Accidental self-reflection, about, of course, writing

i

Hobbit hole. Baby, it’s cold outside, and the fireplace is roaring. The Giant Beast is sprawled on the couch beside me; the Svelte Beat is roaming the tiny apartment as if it were the Serengeti. I’ve got a cup of Turkish coffee beside me, and a lover tidying up in the bathroom.

I’m writing.

I don’t want to be self-reflecting, though. I realize this as I finish my morning pages, which flow well enough but which read more like a laundry list of the day’s and the week’s tasks than the “brain dump”—or space for self-reflection—that they’re supposed to be.
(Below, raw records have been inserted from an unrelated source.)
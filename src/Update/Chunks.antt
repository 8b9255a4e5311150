-- ===== src/Update/Chunks.antt =====
-- kernel/runtime/update.c: the delivery of the new image in chunks, and the comparison of its hash.
use osai.Prelude.{
  Status, ℕ, Bool, true, false, not, ◌&&◌, ◌||◌, Option, none, some, List, [], ◌∷◌, ◌++◌, length,
  drop, ltb, ◌==◌, if◌then◌else◌, add32, add64,
}
use osai.Prelude.Status.{ok, invalid, io}
use osai.Sha256.{sha256_init, sha256_update, sha256_final}
use osai.Update.{
  failed, staged, is_pending, Updates, Answers, reject, set_state, set_error, persist_update_state,
}

-- XAIOS_UPDATE_CHUNK_MAX
abbrev pub chunk_max : ℕ
chunk_max = 4096

-- `mutable_fs_write_fd` through a handle that `mutable_fs_open` has just made: the cursor is 0, the
-- bytes go over the start of the file, and what lies behind them stays.
unfoldable pub write_at_start : List ℕ → List ℕ → List ℕ
write_at_start bytes file = bytes ++ drop (length bytes) file

-- "++g_rejects; g_delivery.last_error = e; return e", with the file as it is.
abbrev pub fail_chunk : Status → Updates → List ℕ → Status × Updates × List ℕ
fail_chunk e u file = (e, reject (set_error e u), file)

-- "Initialize hash context on first chunk"
unfoldable pub start_staging : Updates → Updates
start_staging u =
    if u.chunk_staging_active
    then u
    else record u { chunk_hash = sha256_init; chunk_staging_active = true }

-- "Update running hash"
unfoldable pub count_chunk : List ℕ → Updates → Updates
count_chunk bytes u = record u {
  chunk_hash = sha256_update u.chunk_hash bytes;
  delivery = record u.delivery {
    bytes_received = add64 u.delivery.bytes_received (length bytes);
    chunks_written = add32 u.delivery.chunks_written 1;
  };
}

-- `update_stage_chunk` of a chunk that is not null, with the staging file before and after it.
unfoldable pub stage_bytes : Answers → List ℕ → Updates → List ℕ → Status × Updates × List ℕ
unfolding start_staging count_chunk write_at_start
stage_bytes a bytes u file =
    let size = length bytes in
    let d = u.delivery in
    let u' = start_staging u in
    if not u.transaction.active || not (is_pending u.transaction.state)
    then fail_chunk invalid u file
    else if size == 0 || ltb chunk_max size
    then fail_chunk invalid u file
    else if ltb 0 d.bytes_expected && ltb d.bytes_expected (add64 d.bytes_received size)
    then fail_chunk invalid u file
    else if not a.opened || not a.written
    then fail_chunk io u' file
    else (ok, count_chunk bytes u', write_at_start bytes file)

-- `update_stage_chunk`; none is a null pointer.
unfoldable pub update_stage_chunk :
    Answers → Option (List ℕ) → Updates → List ℕ → Status × Updates × List ℕ
unfolding stage_bytes
update_stage_chunk a none u file = fail_chunk invalid u file
update_stage_chunk a (some bytes) u file = stage_bytes a bytes u file

-- The loop that compares the two hashes, up to 32 bytes.
unfoldable pub same_bytes : List ℕ → List ℕ → Bool
same_bytes [] [] = true
same_bytes (x ∷ xs) (y ∷ ys) = x == y && same_bytes xs ys
same_bytes _ _ = false

-- "g_delivery.hash_verified = v"
abbrev pub set_verified : Bool → Updates → Updates
set_verified v u = record u { delivery = record u.delivery { hash_verified = v } }

-- The end of `update_verify_hash` for a hash that does not match.
unfoldable pub hash_refused : Answers → Updates → Status × Updates
unfolding persist_update_state
hash_refused a u =
    let bad = set_state failed (set_error invalid (set_verified false u)) in
    let (kept, u') = persist_update_state a bad in (invalid, reject u')

-- The end of `update_verify_hash` for a hash that matches.
unfoldable pub hash_accepted : Answers → Updates → Status × Updates
unfolding persist_update_state
hash_accepted a u =
    let good = set_state staged (set_verified true u) in
    let (kept, u') = persist_update_state a good in
    if not kept || not a.fs_committed
    then (io, reject (set_error io u'))
    else (ok, record u' { stages = add64 u'.stages 1 })

-- `update_verify_hash` after the hash is computed.
unfoldable pub compare_hash : Answers → List ℕ → Updates → List ℕ → Status × Updates
unfolding same_bytes hash_refused hash_accepted
compare_hash a expected u computed =
    let closed = record u { chunk_staging_active = false } in
    if same_bytes computed expected then hash_accepted a closed else hash_refused a closed

-- `update_verify_hash` of a hash that is not null; none if the padding of the hash did not end.
unfoldable pub verify_bytes : Answers → List ℕ → Updates → Option (Status × Updates)
unfolding compare_hash
verify_bytes a expected u =
    if not u.transaction.active || not u.chunk_staging_active
    then some (invalid, reject (set_error invalid u))
    else elim (sha256_final u.chunk_hash) [
      | none ↦ none
      | some computed ↦ some (compare_hash a expected u computed)
    ]

-- `update_verify_hash`; the inner none is a null pointer.
unfoldable pub update_verify_hash : Answers → Option (List ℕ) → Updates → Option (Status × Updates)
unfolding verify_bytes
update_verify_hash a none u = some (invalid, reject (set_error invalid u))
update_verify_hash a (some expected) u = verify_bytes a expected u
(A decade later, I’m still not sure if it’s possible to do the morning pages wrong, but if it is, mission accomplished. I think I do them wrong all the time. Still. I do them.)

The lover in the bathroom spent the weekend with me and between that and kids, I missed two days of morning pages since Thursday. So, no more. One missed day makes me feel off. Two missed days make me feel tetchy. Three missed days, and I am unwell.

So, I’m writing.

The people who love me value, encourage, and facilitate this need to write, be it the morning pages, these blog posts, the novels nobody reads or that other stuff.

That helps me stay on the path.

One word, one scene, one post at a time.

ii

I don’t want to be self-reflective and so I’m accidentally preachy.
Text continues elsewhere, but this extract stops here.